Supplied entries:
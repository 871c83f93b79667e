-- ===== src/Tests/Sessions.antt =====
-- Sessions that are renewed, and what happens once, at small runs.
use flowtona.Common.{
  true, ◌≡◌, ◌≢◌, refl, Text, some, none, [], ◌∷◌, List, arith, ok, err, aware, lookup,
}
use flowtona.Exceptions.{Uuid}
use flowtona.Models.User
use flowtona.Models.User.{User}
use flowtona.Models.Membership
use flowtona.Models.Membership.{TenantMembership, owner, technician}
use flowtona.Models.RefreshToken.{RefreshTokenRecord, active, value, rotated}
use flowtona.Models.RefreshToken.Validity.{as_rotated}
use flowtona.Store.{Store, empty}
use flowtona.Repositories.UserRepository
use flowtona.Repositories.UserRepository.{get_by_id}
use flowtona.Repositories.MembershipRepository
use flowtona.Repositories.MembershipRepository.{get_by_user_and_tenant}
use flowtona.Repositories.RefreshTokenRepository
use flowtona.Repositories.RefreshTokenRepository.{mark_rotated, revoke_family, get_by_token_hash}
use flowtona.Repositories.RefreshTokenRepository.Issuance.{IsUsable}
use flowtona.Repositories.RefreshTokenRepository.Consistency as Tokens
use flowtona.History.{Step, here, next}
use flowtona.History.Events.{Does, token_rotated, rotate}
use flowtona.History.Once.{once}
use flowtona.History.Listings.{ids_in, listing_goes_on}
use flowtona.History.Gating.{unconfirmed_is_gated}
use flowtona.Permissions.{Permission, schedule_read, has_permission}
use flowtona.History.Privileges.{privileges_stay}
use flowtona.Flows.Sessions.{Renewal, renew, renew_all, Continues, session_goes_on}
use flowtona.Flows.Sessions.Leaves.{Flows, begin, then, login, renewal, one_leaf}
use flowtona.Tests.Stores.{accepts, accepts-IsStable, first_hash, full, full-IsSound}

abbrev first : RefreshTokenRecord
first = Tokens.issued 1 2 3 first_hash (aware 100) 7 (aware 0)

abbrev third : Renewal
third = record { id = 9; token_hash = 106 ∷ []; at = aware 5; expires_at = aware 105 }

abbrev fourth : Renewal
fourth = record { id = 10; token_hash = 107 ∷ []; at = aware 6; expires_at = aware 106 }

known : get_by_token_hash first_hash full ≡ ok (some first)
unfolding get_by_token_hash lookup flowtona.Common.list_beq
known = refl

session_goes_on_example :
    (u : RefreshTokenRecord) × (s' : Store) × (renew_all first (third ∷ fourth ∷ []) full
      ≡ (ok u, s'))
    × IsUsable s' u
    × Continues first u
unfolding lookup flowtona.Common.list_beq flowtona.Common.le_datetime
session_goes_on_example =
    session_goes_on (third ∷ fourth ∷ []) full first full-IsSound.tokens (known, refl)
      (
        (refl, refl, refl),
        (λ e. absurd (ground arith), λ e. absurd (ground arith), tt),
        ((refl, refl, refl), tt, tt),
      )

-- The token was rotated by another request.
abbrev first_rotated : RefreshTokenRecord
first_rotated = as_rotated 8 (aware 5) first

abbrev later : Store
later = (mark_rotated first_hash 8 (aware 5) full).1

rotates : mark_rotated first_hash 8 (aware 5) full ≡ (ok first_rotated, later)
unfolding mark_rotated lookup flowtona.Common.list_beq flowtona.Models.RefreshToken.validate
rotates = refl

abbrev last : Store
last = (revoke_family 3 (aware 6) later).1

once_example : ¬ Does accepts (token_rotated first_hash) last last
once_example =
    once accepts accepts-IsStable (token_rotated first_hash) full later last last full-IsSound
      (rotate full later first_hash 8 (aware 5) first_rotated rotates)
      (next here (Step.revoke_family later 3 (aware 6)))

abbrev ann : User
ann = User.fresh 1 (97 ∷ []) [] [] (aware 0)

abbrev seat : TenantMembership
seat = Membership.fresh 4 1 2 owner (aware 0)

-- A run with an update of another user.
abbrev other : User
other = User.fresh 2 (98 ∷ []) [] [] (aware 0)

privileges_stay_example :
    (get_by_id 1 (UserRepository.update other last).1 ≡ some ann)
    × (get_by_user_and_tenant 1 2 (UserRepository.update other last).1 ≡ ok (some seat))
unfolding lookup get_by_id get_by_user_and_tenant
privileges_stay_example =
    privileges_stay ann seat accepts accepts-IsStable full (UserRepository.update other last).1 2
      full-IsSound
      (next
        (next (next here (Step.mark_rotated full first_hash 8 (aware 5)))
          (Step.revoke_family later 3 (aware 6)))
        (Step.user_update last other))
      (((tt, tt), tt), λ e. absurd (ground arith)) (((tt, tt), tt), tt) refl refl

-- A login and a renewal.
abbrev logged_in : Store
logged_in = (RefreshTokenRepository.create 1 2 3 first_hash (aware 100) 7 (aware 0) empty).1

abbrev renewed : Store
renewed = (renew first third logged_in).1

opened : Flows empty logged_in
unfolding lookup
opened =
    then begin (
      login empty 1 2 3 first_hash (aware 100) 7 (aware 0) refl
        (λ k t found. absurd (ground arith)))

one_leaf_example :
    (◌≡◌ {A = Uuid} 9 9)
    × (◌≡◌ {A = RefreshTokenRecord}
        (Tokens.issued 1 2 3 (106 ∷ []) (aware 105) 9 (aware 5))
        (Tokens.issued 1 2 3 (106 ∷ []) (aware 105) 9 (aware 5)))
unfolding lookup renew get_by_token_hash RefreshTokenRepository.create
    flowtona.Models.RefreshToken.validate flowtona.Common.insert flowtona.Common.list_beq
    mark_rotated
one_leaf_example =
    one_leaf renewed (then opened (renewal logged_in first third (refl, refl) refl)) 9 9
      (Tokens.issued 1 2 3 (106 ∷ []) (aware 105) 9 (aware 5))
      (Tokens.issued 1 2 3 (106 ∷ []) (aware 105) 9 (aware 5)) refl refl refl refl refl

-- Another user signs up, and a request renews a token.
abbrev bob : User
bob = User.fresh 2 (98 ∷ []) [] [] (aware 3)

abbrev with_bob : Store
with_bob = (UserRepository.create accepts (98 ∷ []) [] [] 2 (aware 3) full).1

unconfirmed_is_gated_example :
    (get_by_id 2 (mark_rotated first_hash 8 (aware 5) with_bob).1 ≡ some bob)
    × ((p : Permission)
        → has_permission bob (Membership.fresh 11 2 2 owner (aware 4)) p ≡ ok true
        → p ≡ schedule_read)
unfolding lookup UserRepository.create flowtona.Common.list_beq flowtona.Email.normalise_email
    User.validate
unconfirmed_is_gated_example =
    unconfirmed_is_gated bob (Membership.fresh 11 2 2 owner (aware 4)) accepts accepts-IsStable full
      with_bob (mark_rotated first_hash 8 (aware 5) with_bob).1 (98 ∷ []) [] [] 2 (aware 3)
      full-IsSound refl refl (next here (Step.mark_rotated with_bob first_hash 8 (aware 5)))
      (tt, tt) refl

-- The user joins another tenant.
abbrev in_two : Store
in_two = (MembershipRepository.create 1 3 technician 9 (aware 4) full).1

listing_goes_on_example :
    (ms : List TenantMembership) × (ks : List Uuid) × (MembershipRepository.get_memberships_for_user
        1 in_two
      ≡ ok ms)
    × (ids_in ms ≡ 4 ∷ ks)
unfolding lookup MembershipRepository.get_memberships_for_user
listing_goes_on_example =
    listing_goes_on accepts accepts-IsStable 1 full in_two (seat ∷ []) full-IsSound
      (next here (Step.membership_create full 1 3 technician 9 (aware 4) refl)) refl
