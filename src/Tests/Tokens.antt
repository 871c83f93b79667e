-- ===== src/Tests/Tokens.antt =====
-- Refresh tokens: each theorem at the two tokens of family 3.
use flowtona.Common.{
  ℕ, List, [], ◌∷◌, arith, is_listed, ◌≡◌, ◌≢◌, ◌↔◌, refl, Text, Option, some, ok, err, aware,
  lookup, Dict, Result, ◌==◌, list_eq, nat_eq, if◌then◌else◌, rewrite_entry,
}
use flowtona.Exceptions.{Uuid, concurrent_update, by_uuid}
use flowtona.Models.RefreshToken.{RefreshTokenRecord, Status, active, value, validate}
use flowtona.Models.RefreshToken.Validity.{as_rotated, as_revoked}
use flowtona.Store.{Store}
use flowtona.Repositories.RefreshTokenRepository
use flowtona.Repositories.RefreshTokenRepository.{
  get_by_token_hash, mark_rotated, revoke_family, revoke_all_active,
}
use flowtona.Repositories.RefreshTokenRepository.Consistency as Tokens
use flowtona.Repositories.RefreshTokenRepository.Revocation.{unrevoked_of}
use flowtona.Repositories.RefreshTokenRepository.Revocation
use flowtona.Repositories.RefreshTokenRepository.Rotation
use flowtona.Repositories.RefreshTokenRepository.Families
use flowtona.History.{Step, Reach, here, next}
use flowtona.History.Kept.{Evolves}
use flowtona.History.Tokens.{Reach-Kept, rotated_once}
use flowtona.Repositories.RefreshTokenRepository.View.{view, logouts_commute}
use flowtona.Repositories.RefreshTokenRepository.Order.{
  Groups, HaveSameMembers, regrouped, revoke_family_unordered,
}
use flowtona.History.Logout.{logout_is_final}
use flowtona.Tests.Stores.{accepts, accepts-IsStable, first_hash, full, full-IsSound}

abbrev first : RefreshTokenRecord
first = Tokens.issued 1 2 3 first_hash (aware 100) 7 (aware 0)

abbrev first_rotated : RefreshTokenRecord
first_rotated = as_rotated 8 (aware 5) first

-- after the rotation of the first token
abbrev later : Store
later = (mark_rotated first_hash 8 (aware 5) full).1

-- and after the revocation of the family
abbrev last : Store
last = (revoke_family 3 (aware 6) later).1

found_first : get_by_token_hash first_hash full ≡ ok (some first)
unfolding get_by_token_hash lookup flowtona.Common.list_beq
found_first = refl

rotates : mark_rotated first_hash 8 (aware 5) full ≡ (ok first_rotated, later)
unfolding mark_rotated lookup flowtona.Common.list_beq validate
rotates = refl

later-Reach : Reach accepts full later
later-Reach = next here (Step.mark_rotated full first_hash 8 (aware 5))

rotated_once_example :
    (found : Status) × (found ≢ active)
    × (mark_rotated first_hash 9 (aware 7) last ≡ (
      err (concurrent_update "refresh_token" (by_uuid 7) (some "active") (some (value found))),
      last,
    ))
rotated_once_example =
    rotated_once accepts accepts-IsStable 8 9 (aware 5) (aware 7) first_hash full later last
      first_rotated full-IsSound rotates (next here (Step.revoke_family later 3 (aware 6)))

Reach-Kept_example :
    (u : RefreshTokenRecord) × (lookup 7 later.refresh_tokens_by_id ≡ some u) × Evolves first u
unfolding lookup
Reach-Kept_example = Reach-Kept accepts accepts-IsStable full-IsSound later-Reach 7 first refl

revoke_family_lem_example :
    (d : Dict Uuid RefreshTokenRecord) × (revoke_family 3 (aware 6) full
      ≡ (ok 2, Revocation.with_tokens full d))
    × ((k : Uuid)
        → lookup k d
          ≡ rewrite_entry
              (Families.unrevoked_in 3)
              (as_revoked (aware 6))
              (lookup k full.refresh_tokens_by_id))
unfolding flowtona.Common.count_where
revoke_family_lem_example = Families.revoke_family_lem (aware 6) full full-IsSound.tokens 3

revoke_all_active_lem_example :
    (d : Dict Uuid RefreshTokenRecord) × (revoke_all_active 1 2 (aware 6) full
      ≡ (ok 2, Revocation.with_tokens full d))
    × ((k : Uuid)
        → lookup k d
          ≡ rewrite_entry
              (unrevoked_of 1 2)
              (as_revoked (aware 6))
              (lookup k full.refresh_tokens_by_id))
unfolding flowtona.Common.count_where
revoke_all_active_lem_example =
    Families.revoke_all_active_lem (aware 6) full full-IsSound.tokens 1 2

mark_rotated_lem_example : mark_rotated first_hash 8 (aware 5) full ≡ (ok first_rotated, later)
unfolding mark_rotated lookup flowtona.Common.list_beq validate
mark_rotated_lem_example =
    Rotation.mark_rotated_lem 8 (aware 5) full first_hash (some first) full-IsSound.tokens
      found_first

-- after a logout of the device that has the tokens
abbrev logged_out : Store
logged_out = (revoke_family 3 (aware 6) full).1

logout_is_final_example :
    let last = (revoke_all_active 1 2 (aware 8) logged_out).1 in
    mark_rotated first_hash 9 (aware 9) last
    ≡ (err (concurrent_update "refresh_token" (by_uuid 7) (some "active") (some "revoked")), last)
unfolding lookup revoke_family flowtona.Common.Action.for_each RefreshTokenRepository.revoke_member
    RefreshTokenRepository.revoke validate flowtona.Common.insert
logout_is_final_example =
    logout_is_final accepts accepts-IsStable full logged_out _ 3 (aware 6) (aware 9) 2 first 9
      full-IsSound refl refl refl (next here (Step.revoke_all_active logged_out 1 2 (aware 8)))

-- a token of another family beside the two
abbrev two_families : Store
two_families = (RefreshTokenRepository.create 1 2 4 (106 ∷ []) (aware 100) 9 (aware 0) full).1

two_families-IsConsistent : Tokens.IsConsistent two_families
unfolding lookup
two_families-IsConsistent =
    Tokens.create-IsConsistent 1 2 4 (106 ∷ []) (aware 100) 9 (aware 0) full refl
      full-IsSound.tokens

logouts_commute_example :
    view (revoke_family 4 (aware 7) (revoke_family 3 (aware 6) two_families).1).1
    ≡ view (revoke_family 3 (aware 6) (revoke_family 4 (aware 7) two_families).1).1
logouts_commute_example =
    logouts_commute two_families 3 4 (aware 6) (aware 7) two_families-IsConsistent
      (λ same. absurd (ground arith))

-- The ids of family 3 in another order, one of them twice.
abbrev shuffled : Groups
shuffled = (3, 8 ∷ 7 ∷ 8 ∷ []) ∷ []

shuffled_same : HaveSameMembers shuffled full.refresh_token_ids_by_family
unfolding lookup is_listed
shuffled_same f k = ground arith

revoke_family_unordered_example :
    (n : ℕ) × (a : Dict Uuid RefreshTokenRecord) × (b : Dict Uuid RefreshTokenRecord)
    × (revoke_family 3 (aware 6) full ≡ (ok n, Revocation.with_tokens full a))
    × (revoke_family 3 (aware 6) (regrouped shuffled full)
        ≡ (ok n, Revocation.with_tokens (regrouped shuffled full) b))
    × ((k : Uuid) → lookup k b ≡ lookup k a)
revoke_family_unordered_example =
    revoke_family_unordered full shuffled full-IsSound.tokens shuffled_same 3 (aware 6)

Exercise prompt:
Please say how many lines of the material above include "UserRepository", giving that number and no other words.

Response:
7